Security
Security Philosophy
BananaBird is designed around the idea that personal financial data should be treated carefully, deliberately, and with restraint.
Security is not handled as a single feature. It is considered throughout the application, including authentication, authorization, data access, logging, and how financial information is entered and managed.
Account Protection
- Strong password requirements
- Email verification
- Optional Google sign-in
- Multi-factor authentication
- MFA recovery codes
- Recent password confirmation for sensitive actions
- Session regeneration after login
- Rate limiting across application endpoints
Data Protection
BananaBird does not connect to banks, brokerages, credit cards, or other financial institutions. This is intentional. There are no third-party financial data integrations.
All financial information is entered by you - manually or imported from files you provide. This limits the amount of external access involved and keeps you in control of what the application can see.
Application-level authorization checks are used to help ensure users can only access their own data.
Logging & Auditing
Security-related events are logged and audited so important account activity can be reviewed when needed.

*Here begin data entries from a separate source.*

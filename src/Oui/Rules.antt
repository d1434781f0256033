-- ===== src/Oui/Rules.antt =====
-- The tables of scripts/build_oui_table.py.
use openwrt_grafana_monitor.Prelude.{List, String, [], ◌∷◌}
use openwrt_grafana_monitor.Text.{Text, codes}

-- A row: a part of a registered name, or a prefix, with the name and the icon that are shown.
pub record Rule : Type 0 where
  pub pattern_text : Text
  pub display : Text
  pub icon : Text

unfoldable pub rule : String → String → String → Rule
rule p d i = record { pattern_text = codes p; display = codes d; icon = codes i }

-- `RULES`
abbrev pub rules : List Rule
rules =
    rule "raspberry pi" "Raspberry Pi" "processor"
    ∷ rule "proxmox" "Proxmox" "server"
    ∷ rule "vmware" "VMware" "server"
    ∷ rule "parallels" "Parallels" "server"
    ∷ rule "oracle" "Oracle" "server"
    ∷ rule "pcs systemtechnik" "VirtualBox" "server"
    ∷ rule "synology" "Synology" "database"
    ∷ rule "qnap" "QNAP" "database"
    ∷ rule "western digital" "Western Digital" "hdd"
    ∷ rule "seagate" "Seagate" "hdd"
    ∷ rule "sandisk" "SanDisk" "hdd"
    ∷ rule "kingston" "Kingston" "hdd"
    ∷ rule "apple" "Apple" "apple"
    ∷ rule "samsung" "Samsung" "mobile-android"
    ∷ rule "guangdong oppo" "OPPO" "mobile-android"
    ∷ rule "oneplus" "OnePlus" "mobile-android"
    ∷ rule "vivo mobile" "vivo" "mobile-android"
    ∷ rule "xiaomi" "Xiaomi" "mobile-android"
    ∷ rule "honor device" "HONOR" "mobile-android"
    ∷ rule "huawei device" "Huawei" "mobile-android"
    ∷ rule "huawei" "Huawei" "mobile-android"
    ∷ rule "motorola" "Motorola" "mobile-android"
    ∷ rule "htc" "HTC" "mobile-android"
    ∷ rule "google" "Google" "android"
    ∷ rule "microsoft" "Microsoft" "desktop"
    ∷ rule "dell" "Dell" "desktop"
    ∷ rule "hewlett packard enterprise" "HPE" "server"
    ∷ rule "hewlett packard" "HP" "desktop"
    ∷ rule "lenovo" "Lenovo" "laptop"
    ∷ rule "hp inc" "HP" "desktop"
    ∷ rule "asustek" "ASUS" "desktop"
    ∷ rule "asrock" "ASRock" "desktop"
    ∷ rule "giga-byte" "GIGABYTE" "desktop"
    ∷ rule "gigabyte" "GIGABYTE" "desktop"
    ∷ rule "micro-star" "MSI" "desktop"
    ∷ rule "intel" "Intel" "processor"
    ∷ rule "nvidia" "NVIDIA" "processor"
    ∷ rule "bitland" "Bitland" "desktop"
    ∷ rule "wistron" "Wistron" "laptop"
    ∷ rule "quanta" "Quanta" "laptop"
    ∷ rule "compal" "Compal" "laptop"
    ∷ rule "pegatron" "Pegatron" "desktop"
    ∷ rule "hon hai" "Foxconn" "desktop"
    ∷ rule "foxconn" "Foxconn" "desktop"
    ∷ rule "azurewave" "AzureWave" "wifi"
    ∷ rule "liteon" "Lite-On" "laptop"
    ∷ rule "universal global" "Universal Global" "wifi"
    ∷ rule "tp-link" "TP-Link" "sitemap"
    ∷ rule "tplink" "TP-Link" "sitemap"
    ∷ rule "ubiquiti" "Ubiquiti" "sitemap"
    ∷ rule "ubnt" "Ubiquiti" "sitemap"
    ∷ rule "mikrotik" "MikroTik" "sitemap"
    ∷ rule "netgear" "NETGEAR" "sitemap"
    ∷ rule "d-link" "D-Link" "sitemap"
    ∷ rule "linksys" "Linksys" "sitemap"
    ∷ rule "zyxel" "Zyxel" "sitemap"
    ∷ rule "draytek" "DrayTek" "sitemap"
    ∷ rule "avm gmbh" "AVM FRITZ!" "sitemap"
    ∷ rule "sagemcom" "Sagemcom" "cloud"
    ∷ rule "technicolor" "Technicolor" "cloud"
    ∷ rule "arris" "ARRIS" "cloud"
    ∷ rule "netcomm" "NetComm" "cloud"
    ∷ rule "vodafone" "Vodafone" "cloud"
    ∷ rule "juniper" "Juniper" "sitemap"
    ∷ rule "aruba" "Aruba" "sitemap"
    ∷ rule "meraki" "Meraki" "sitemap"
    ∷ rule "aerohive" "Aerohive" "sitemap"
    ∷ rule "extreme networks" "Extreme" "sitemap"
    ∷ rule "fortinet" "Fortinet" "shield"
    ∷ rule "sophos" "Sophos" "shield"
    ∷ rule "cambium" "Cambium" "sitemap"
    ∷ rule "engenius" "EnGenius" "sitemap"
    ∷ rule "edimax" "Edimax" "sitemap"
    ∷ rule "buffalo" "Buffalo" "sitemap"
    ∷ rule "belkin" "Belkin" "sitemap"
    ∷ rule "eero" "eero" "sitemap"
    ∷ rule "ruckus" "Ruckus" "sitemap"
    ∷ rule "cisco" "Cisco" "sitemap"
    ∷ rule "new h3c" "H3C" "sitemap"
    ∷ rule "arista" "Arista" "sitemap"
    ∷ rule "palo alto" "Palo Alto" "shield"
    ∷ rule "avaya" "Avaya" "microphone"
    ∷ rule "nortel" "Nortel" "sitemap"
    ∷ rule "mellanox" "Mellanox" "server"
    ∷ rule "commscope" "CommScope" "cloud"
    ∷ rule "vantiva" "Vantiva" "cloud"
    ∷ rule "arcadyan" "Arcadyan" "cloud"
    ∷ rule "askey" "Askey" "cloud"
    ∷ rule "fiberhome" "FiberHome" "cloud"
    ∷ rule "sky uk" "Sky" "cloud"
    ∷ rule "nokia" "Nokia" "cloud"
    ∷ rule "zte" "ZTE" "cloud"
    ∷ rule "tct mobile" "Alcatel" "mobile-android"
    ∷ rule "tcl" "TCL" "monitor"
    ∷ rule "espressif" "Espressif" "lamp"
    ∷ rule "tuya" "Tuya" "lamp"
    ∷ rule "itead" "Sonoff" "lamp"
    ∷ rule "shelly" "Shelly" "lamp"
    ∷ rule "allterco" "Shelly" "lamp"
    ∷ rule "lumi" "Aqara" "lamp"
    ∷ rule "aqara" "Aqara" "lamp"
    ∷ rule "signify" "Philips Hue" "lamp"
    ∷ rule "philips" "Philips" "lamp"
    ∷ rule "ikea" "IKEA" "lamp"
    ∷ rule "nest labs" "Nest" "home"
    ∷ rule "ring llc" "Ring" "camera"
    ∷ rule "wyze" "Wyze" "camera"
    ∷ rule "reolink" "Reolink" "camera"
    ∷ rule "hikvision" "Hikvision" "camera"
    ∷ rule "dahua" "Dahua" "camera"
    ∷ rule "roborock" "Roborock" "home"
    ∷ rule "ecovacs" "Ecovacs" "home"
    ∷ rule "dyson" "Dyson" "home"
    ∷ rule "miele" "Miele" "home"
    ∷ rule "electrolux" "Electrolux" "home"
    ∷ rule "bosch" "Bosch" "home"
    ∷ rule "siemens" "Siemens" "home"
    ∷ rule "tesla" "Tesla" "bolt"
    ∷ rule "nordic semiconductor" "Nordic" "lamp"
    ∷ rule "silicon lab" "Silicon Labs" "lamp"
    ∷ rule "texas instrument" "Texas Instruments" "processor"
    ∷ rule "murata" "Murata" "wifi"
    ∷ rule "realtek" "Realtek" "processor"
    ∷ rule "mediatek" "MediaTek" "processor"
    ∷ rule "qualcomm" "Qualcomm" "processor"
    ∷ rule "broadcom" "Broadcom" "processor"
    ∷ rule "amazon" "Amazon" "volume"
    ∷ rule "sonos" "Sonos" "volume"
    ∷ rule "bose" "Bose" "volume"
    ∷ rule "harman" "Harman" "volume"
    ∷ rule "denon" "Denon" "volume"
    ∷ rule "marantz" "Marantz" "volume"
    ∷ rule "yamaha" "Yamaha" "volume"
    ∷ rule "pioneer" "Pioneer" "volume"
    ∷ rule "onkyo" "Onkyo" "volume"
    ∷ rule "roku" "Roku" "monitor"
    ∷ rule "nintendo" "Nintendo" "game-structure"
    ∷ rule "sony" "Sony" "game-structure"
    ∷ rule "lg innotek" "LG" "monitor"
    ∷ rule "lg electron" "LG" "monitor"
    ∷ rule "skyworth" "Skyworth" "monitor"
    ∷ rule "realme" "realme" "mobile-android"
    ∷ rule "tecno mobile" "TECNO" "mobile-android"
    ∷ rule "itel mobile" "itel" "mobile-android"
    ∷ rule "infinix" "Infinix" "mobile-android"
    ∷ rule "quectel" "Quectel" "sim-card"
    ∷ rule "midea" "Midea" "home"
    ∷ rule "cloud network technology" "Foxconn" "desktop"
    ∷ rule "panasonic" "Panasonic" "monitor"
    ∷ rule "sharp" "Sharp" "monitor"
    ∷ rule "toshiba" "Toshiba" "monitor"
    ∷ rule "vestel" "Vestel" "monitor"
    ∷ rule "tp-vision" "TP Vision" "monitor"
    ∷ rule "garmin" "Garmin" "clock"
    ∷ rule "fitbit" "Fitbit" "clock"
    ∷ rule "withings" "Withings" "clock"
    ∷ rule "logitech" "Logitech" "headphones"
    ∷ rule "razer" "Razer" "headphones"
    ∷ rule "steelseries" "SteelSeries" "headphones"
    ∷ rule "corsair" "Corsair" "headphones"
    ∷ rule "brother" "Brother" "print"
    ∷ rule "canon" "Canon" "print"
    ∷ rule "epson" "Epson" "print"
    ∷ rule "ricoh" "Ricoh" "print"
    ∷ rule "xerox" "Xerox" "print"
    ∷ rule "yealink" "Yealink" "microphone"
    ∷ rule "grandstream" "Grandstream" "microphone"
    ∷ rule "qingdao intelligent" "Qingdao Intelligent" "cube"
    ∷ []

-- `LOCAL_RULES`
abbrev pub local_rules : List Rule
local_rules =
    rule "5254" "QEMU/KVM" "server"
    ∷ rule "0242" "Docker" "server"
    ∷ rule "0a0027" "VirtualBox" "server"
    ∷ []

This includes events such as authentication activity, MFA-related activity, account protection events, and other security-sensitive actions within the application.
Infrastructure Practices
BananaBird is deployed with a focus on protecting both the application and the infrastructure it runs on. Current practices include:
- Hosted on Amazon Web Services (AWS)
- Full disk encryption for production storage
- Encrypted HTTPS connections for all web traffic
- Firewalls configured to expose only required public services
- Administrative access restricted to authorized IP addresses
- Regular backups stored on encrypted storage
Privacy by Design
- No bank integrations
- No advertising
- No sale of financial data
- No financial profiling
- No third-party financial aggregation
Your Role in Security
Security works best when both the application and the user take reasonable precautions.
- Use a unique password
- Enable multi-factor authentication
- Keep recovery codes somewhere safe
- Review temporary users regularly
- Log out of shared or public devices
- Keep your browser and devices updated
Responsible Disclosure
If you believe you have discovered a security issue, please report it privately through the Support page.
Though we do not run a Bug Bounty program at this time, responsible reports are appreciated and will be reviewed seriously.
Continuous Improvement
Security is reviewed as BananaBird evolves. New features are evaluated for security impact, and additional protections may be added over time where they make sense for the application and its users.